Ohio: Trouble-Maker Fails to Prove Discharge Was Because of Workers’ Compensation Claims

Acknowledging that two employees who had been embroiled in a shouting match during the work day had been treated different by the employer–the employee who apparently started the argument received a verbal warning which, under union rules, was not considered formal discipline, while the other employee, who was yelled at and spit upon, was fired, an Illinois appellate court recently held that while such disparate treatment implied that “something else” came into play to trigger the employee’s discharge, the discharged employee had failed to show that the reason was related to the number of workers’ compensation claims that the discharged employee had filed against the employer [Perri v. The Sutphen Corp., 2014-Ohio–2795; 2014 Ohio App. LEXIS 2736 (June 26, 2014)]. 

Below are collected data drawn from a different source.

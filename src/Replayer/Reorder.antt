-- ===== src/Replayer/Reorder.antt =====
-- What a drop and a reorder do to the order of the frames.
use k_blackbox.Base.{ℕ, suc, ◌≡◌, refl, ap, ◌∙◌, false, none, some, String, length, get_elem?, leb}
use k_blackbox.Words.{Time, Float}
use k_blackbox.Json.{Value}
use k_blackbox.Types.{FaultType, drop, reorder}
use k_blackbox.Replayer.Mutate.{JsonApi}
use k_blackbox.Replayer.Defs.{
  Replayer, frame, strike, strikes, struck, look, look_at, count_update, next_frame, book_symbol,
  must_wait, advance, give, at_frame, unless_buffered, apply_fault, is_done,
}

module _ {N F I : Type 0} (f : Float F) (j : JsonApi N F I) (scaled : F → Time → Time) where
  -- The next frame of the recording is due, is a book update, and the fault strikes it.
  pub record Struck (clock : ℕ → Time) (r : Replayer F I) (fault : FaultType I) (text : String)
      : Type 0 where
    pub ts : Time
    pub json : Value N
    pub symbol : String
    pub not_buffered : r.next_frame_buffer ≡ none
    pub at_index : get_elem? r.frames r.current_index ≡ some (ts, text)
    pub due : must_wait scaled (clock r.current_index) ts r ≡ false
    pub is_book : book_symbol f j text ≡ some (json, symbol)
    pub struck_now : strike r.config.fault (count_update symbol r).0 ≡ strikes fault

  look-Struck :
      (clock : ℕ → Time) (r : Replayer F I) (fault : FaultType I) (text : String)
      (s : Struck clock r fault text)
      → look f j text r ≡ some (apply_fault f j fault s.json text (count_update s.symbol r).1)
  unfolding look look_at struck
  look-Struck clock r fault text s =
      ap (λ b. look_at f j b text r) s.is_book
      ∙ ap (λ x. struck f j x s.json text (count_update s.symbol r).1) s.struck_now

  next_frame-Struck :
      (fuel : ℕ) (clock : ℕ → Time) (r : Replayer F I) (fault : FaultType I) (text : String)
      (s : Struck clock r fault text)
      → next_frame f j scaled (suc fuel) clock r
        ≡ give f j scaled
            (next_frame f j scaled fuel)
            clock
            (some (apply_fault f j fault s.json text (count_update s.symbol r).1))
  unfolding next_frame
  next_frame-Struck fuel clock r fault text s =
      ap (unless_buffered f j scaled (next_frame f j scaled fuel) clock r) s.not_buffered
      ∙ ap (at_frame f j scaled (next_frame f j scaled fuel) clock r) s.at_index
      ∙ rw (s.due, at_frame)
          (ap (give f j scaled (next_frame f j scaled fuel) clock)
            (look-Struck clock r fault text s))

  -- A dropped frame is passed over: the call gives what a call from the frame after it gives.
  pub next_frame-drop :
      (fuel : ℕ) (clock : ℕ → Time) (r : Replayer F I) (text : String)
      (s : Struck clock r drop text)
      → next_frame f j scaled (suc fuel) clock r
        ≡ next_frame f j scaled fuel clock (advance (count_update s.symbol r).1)
  unfolding apply_fault
  next_frame-drop fuel clock r text s = next_frame-Struck fuel clock r drop text s

  -- A reorder swaps a frame with the one behind it: this call gives the later frame and the next
  -- call gives the earlier one. In between, the replayer says that it is done exactly if the two are
  -- the last frames, although it still holds the earlier one back.
  pub next_frame-reorder :
      (fuel : ℕ) (clock : ℕ → Time) (r : Replayer F I) (text : String) (ts' : Time) (text' : String)
      → Struck clock r reorder text
      → get_elem? r.frames (suc r.current_index) ≡ some (ts', text')
      → (between : Replayer F I) × (after : Replayer F I) × (next_frame f j scaled
            (suc fuel)
            clock
            r
          ≡ frame text' between)
        × (next_frame f j scaled (suc fuel) clock between ≡ frame text after)
        × (after.current_index ≡ suc (suc r.current_index))
        × (is_done between ≡ leb (length r.frames) (suc (suc r.current_index)))
  unfolding apply_fault count_update next_frame is_done
  next_frame-reorder fuel clock r text ts' text' s e =
      let counted = (count_update s.symbol r).1 in
      let held : Replayer F I = record (advance counted) { next_frame_buffer = some text } in
      (
        advance held,
        record (advance held) { next_frame_buffer = none },
        next_frame-Struck fuel clock r reorder text s ∙ rw (e, apply_fault),
        refl,
        refl,
        refl,
      )
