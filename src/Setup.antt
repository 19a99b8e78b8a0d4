-- ===== src/Setup.antt =====
-- crates/blackbox-server/src/main.rs: what `run_tui_mode` and `run_client` make of the options before
-- their tasks run.
pub mod Prepared
use k_blackbox.Base.{
  ℕ, List, [], ◌∷◌, Bool, true, false, Option, none, some, String, str_eq, ◌||◌, if◌then◌else◌,
}
use k_blackbox.Decimal.{Text}
use k_blackbox.Words.{Time, Float}
use k_blackbox.DashMap.{insert, contains_key}
use k_blackbox.Types.{FaultRule, ReplayMode}
use k_blackbox.Health
use k_blackbox.Recorder
use k_blackbox.Recorder.{Recorder}
use k_blackbox.Cli.{build_fault_rule_from_str, replay_mode, parse_duration}
use k_blackbox.State.{
  AppState, set_requested_symbols, set_depth, set_recording_enabled, set_recording_path, push_event,
  record_started,
}
use k_blackbox.State

-- The text of the header: "REPLAY", "MOCK" or "LIVE".
abbrev pub is_given : {A : Type 0} → Option A → Bool
is_given none = false
is_given (some a) = true

unfoldable pub mode_text : Option String → Bool → String
mode_text replay mock = if is_given replay then "REPLAY" else if mock then "MOCK" else "LIVE"

-- "OFF", or the fault and its index.
pub data FaultStatus : Type 0 where
  off : FaultStatus
  at : String → ℕ → FaultStatus

unfoldable pub fault_status : String → Option ℕ → FaultStatus
fault_status fault none = off
fault_status fault (some index) = if str_eq fault "none" then off else at fault index

-- The task that is started for the data; an interval that is no duration ends the program first.
pub data Task (F I : Type 0) : Type 0 where
  mock_data : Task F I
  replaying : String → ReplayMode F → FaultRule I → Task F I
  live : ℕ → Task F I
  bad_interval : Task F I

module _ {F I : Type 0} where
  abbrev pub live_task : Option ℕ → Task F I
  live_task none = bad_interval
  live_task (some seconds) = live seconds

  abbrev pub replay_task :
      (F → Bool) → (F → Bool) → I → F → String → Option ℕ → Text → Option String → Task F I
  replay_task is_one is_positive one_tick speed fault once_at interval none =
      live_task (parse_duration interval)
  replay_task is_one is_positive one_tick speed fault once_at interval (some path) =
      replaying path (replay_mode is_one is_positive speed)
        (build_fault_rule_from_str one_tick fault once_at)

  unfoldable pub task_of :
      (F → Bool) → (F → Bool) → I → F → String → Option ℕ → Text → Option String → Bool → Task F I
  unfolding build_fault_rule_from_str replay_mode parse_duration
  task_of is_one is_positive one_tick speed fault once_at interval replay mock =
      if mock
      then mock_data
      else replay_task is_one is_positive one_tick speed fault once_at interval replay

module _ {D F : Type 0} (f : Float F) where
  -- A depth and a health entry for each symbol.
  unfoldable pub prepare_symbols : ℕ → List String → AppState D F → AppState D F
  unfolding set_depth
  prepare_symbols depth [] s = s
  prepare_symbols depth (symbol ∷ symbols) s =
      let deep = set_depth symbol depth s in
      prepare_symbols depth symbols (
        if contains_key symbol deep.health
        then deep
        else record deep { health = insert symbol (Health.new f symbol) deep.health })

  -- The recorder of the command line; `created` says whether its file could be created.
  abbrev pub start_recorder : Time → Bool → Option String → AppState D F → AppState D F
  start_recorder now created none s = s
  start_recorder now created (some path) s =
      if created
      then push_event now (record_started path) (
          set_recording_path (some path)
            (set_recording_enabled true (record s { recorder = some (Recorder.new path) })))
      else s

  unfoldable pub prepare_tui : Time → Time → ℕ → List String → Bool → Option String → AppState D F
  unfolding prepare_symbols push_event State.new set_requested_symbols set_recording_path
      set_recording_enabled
  prepare_tui now logged depth symbols created path =
      start_recorder logged created path
        (prepare_symbols depth symbols (set_requested_symbols symbols (State.new now)))

module _ {D F : Type 0} where
  abbrev pub set_depths : ℕ → List String → AppState D F → AppState D F
  set_depths depth [] s = s
  set_depths depth (symbol ∷ symbols) s = set_depths depth symbols (set_depth symbol depth s)

  -- `run_client`: a depth for each symbol.
  unfoldable pub prepare_client : Time → ℕ → List String → AppState D F
  unfolding set_depth State.new
  prepare_client now depth symbols = set_depths depth symbols (State.new now)
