-- ===== src/Setup/Prepared.antt =====
-- crates/blackbox-server/src/main.rs: the state in which `run_tui_mode` starts its tasks, and the
-- text of the header.
use k_blackbox.Base.{
  ℕ, ◌≡◌, ◌↔◌, refl, List, [], ◌∷◌, All, Bool, true, false, Option, none, some, String, eq_iff,
  if◌then◌else◌, arith,
}
use k_blackbox.Decimal.{Text}
use k_blackbox.Words.{Time, Float}
use k_blackbox.DashMap.{insert, get_or, contains_key, get-insert}
use k_blackbox.Health
use k_blackbox.State.{
  AppState, get_depth, set_depth, push_event, set_recording_path, set_recording_enabled,
}
use k_blackbox.Setup.{
  mode_text, is_given, mock_data, task_of, prepare_symbols, start_recorder, prepare_tui,
}

module _ {D F : Type 0} where
  -- The depth of the symbol, and it has a health entry.
  abbrev pub IsReady : ℕ → AppState D F → String → Type 0
  IsReady depth s symbol = (get_depth symbol s ≡ depth) × (contains_key symbol s.health ≡ true)

module _ {D F : Type 0} (f : Float F) where
  abbrev prepared : ℕ → String → AppState D F → AppState D F
  prepared depth symbol s =
      let deep = set_depth symbol depth s in
      if contains_key symbol deep.health
      then deep
      else record deep { health = insert symbol (Health.new f symbol) deep.health }

  prepared-IsReady :
      (depth : ℕ) (symbol : String) (s : AppState D F)
      → IsReady depth (prepared depth symbol s) symbol
  unfolding get_depth get_or contains_key set_depth
  prepared-IsReady depth symbol s = ground (
    arith,
    get-insert symbol symbol depth s.depths,
    get-insert symbol symbol (Health.new f symbol) s.health,
    eq_iff symbol symbol,
  )

  prepared_keeps :
      (depth : ℕ) (symbol other : String) (s : AppState D F)
      → IsReady depth s other
      → IsReady depth (prepared depth symbol s) other
  unfolding get_depth get_or contains_key set_depth
  prepared_keeps depth symbol other s r = ground (
    arith,
    get-insert symbol other depth s.depths,
    get-insert symbol other (Health.new f symbol) s.health,
    eq_iff symbol other,
  )

  prepare_symbols_keeps :
      (depth : ℕ) (symbols : List String) (other : String) (s : AppState D F)
      → IsReady depth s other
      → IsReady depth (prepare_symbols f depth symbols s) other
  unfolding prepare_symbols
  prepare_symbols_keeps depth [] other s r = r
  prepare_symbols_keeps depth (symbol ∷ symbols) other s r =
      prepare_symbols_keeps depth symbols other (prepared depth symbol s)
        (prepared_keeps depth symbol other s r)

  All-prepare_symbols :
      (depth : ℕ) (symbols : List String) (s : AppState D F)
      → All (IsReady depth (prepare_symbols f depth symbols s)) symbols
  unfolding prepare_symbols
  All-prepare_symbols depth [] s = tt
  All-prepare_symbols depth (symbol ∷ symbols) s = (
    prepare_symbols_keeps depth symbols symbol (prepared depth symbol s)
        (prepared-IsReady depth symbol s),
    All-prepare_symbols depth symbols (prepared depth symbol s),
  )

  start_recorder-All :
      (now : Time) (created : Bool) (path : Option String) (depth : ℕ) (symbols : List String)
      (s : AppState D F)
      → All (IsReady depth s) symbols
      → All (IsReady depth (start_recorder f now created path s)) symbols
  unfolding get_depth push_event set_recording_path set_recording_enabled
  start_recorder-All now created none depth symbols s a = a
  start_recorder-All now true (some path) depth symbols s a = a
  start_recorder-All now false (some path) depth symbols s a = a

module _ (D : Type 0) {F : Type 0} (f : Float F) where
  -- Before any data comes, every symbol of the command line has the depth that was asked for and a health
  -- entry.
  pub prepare_tui-IsReady :
      (now logged : Time) (depth : ℕ) (symbols : List String) (created : Bool)
      (path : Option String)
      → All (IsReady {D = D} depth (prepare_tui f now logged depth symbols created path)) symbols
  unfolding prepare_tui
  prepare_tui-IsReady now logged depth symbols created path =
      start_recorder-All f logged created path depth symbols _
        (All-prepare_symbols f depth symbols _)

module _ {F I : Type 0} (is_one is_positive : F → Bool) (one_tick : I) where
  -- The header says "REPLAY" while the task makes up its data exactly if both are asked for.
  pub mode_text_wrong_iff :
      (speed : F) (fault : String) (once_at : Option ℕ) (interval : Text) (replay : Option String)
      (mock : Bool)
      → ((mode_text replay mock ≡ "REPLAY")
          × (task_of is_one is_positive one_tick speed fault once_at interval replay mock
              ≡ mock_data))
        ↔ ((is_given replay ≡ true) × (mock ≡ true))
  unfolding mode_text task_of
  mode_text_wrong_iff speed fault once_at interval (some path) true =
      ((λ h. (refl, refl)), λ h. (refl, refl))
  mode_text_wrong_iff speed fault once_at interval (some path) false = ((λ h. absurd (cc)), λ h. cc)
  mode_text_wrong_iff speed fault once_at interval none true =
      ((λ h. let e : false ≡ true = (eq_iff "MOCK" "REPLAY").1 h.0 in absurd (cc)), λ h. cc)
  mode_text_wrong_iff speed fault once_at interval none false =
      ((λ h. let e : false ≡ true = (eq_iff "LIVE" "REPLAY").1 h.0 in absurd (cc)), λ h. cc)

The court indicated that while the reason for the firing could have been related to the workers’ compensation claims, other reasons could also have been involved and the discharged employee “had the burden of producing facts which narrowed the reason for his firing to retaliation for his workers’ compensation activity.” Other evidence suggested the discharged employee had a history of not getting along with co-workers, that he had made disparaging remarks about African-Americans and that he was a source of dissension on the factory floor. Evidence pointed to the fact that the employee was discharged to solve the personnel problems which centered around him.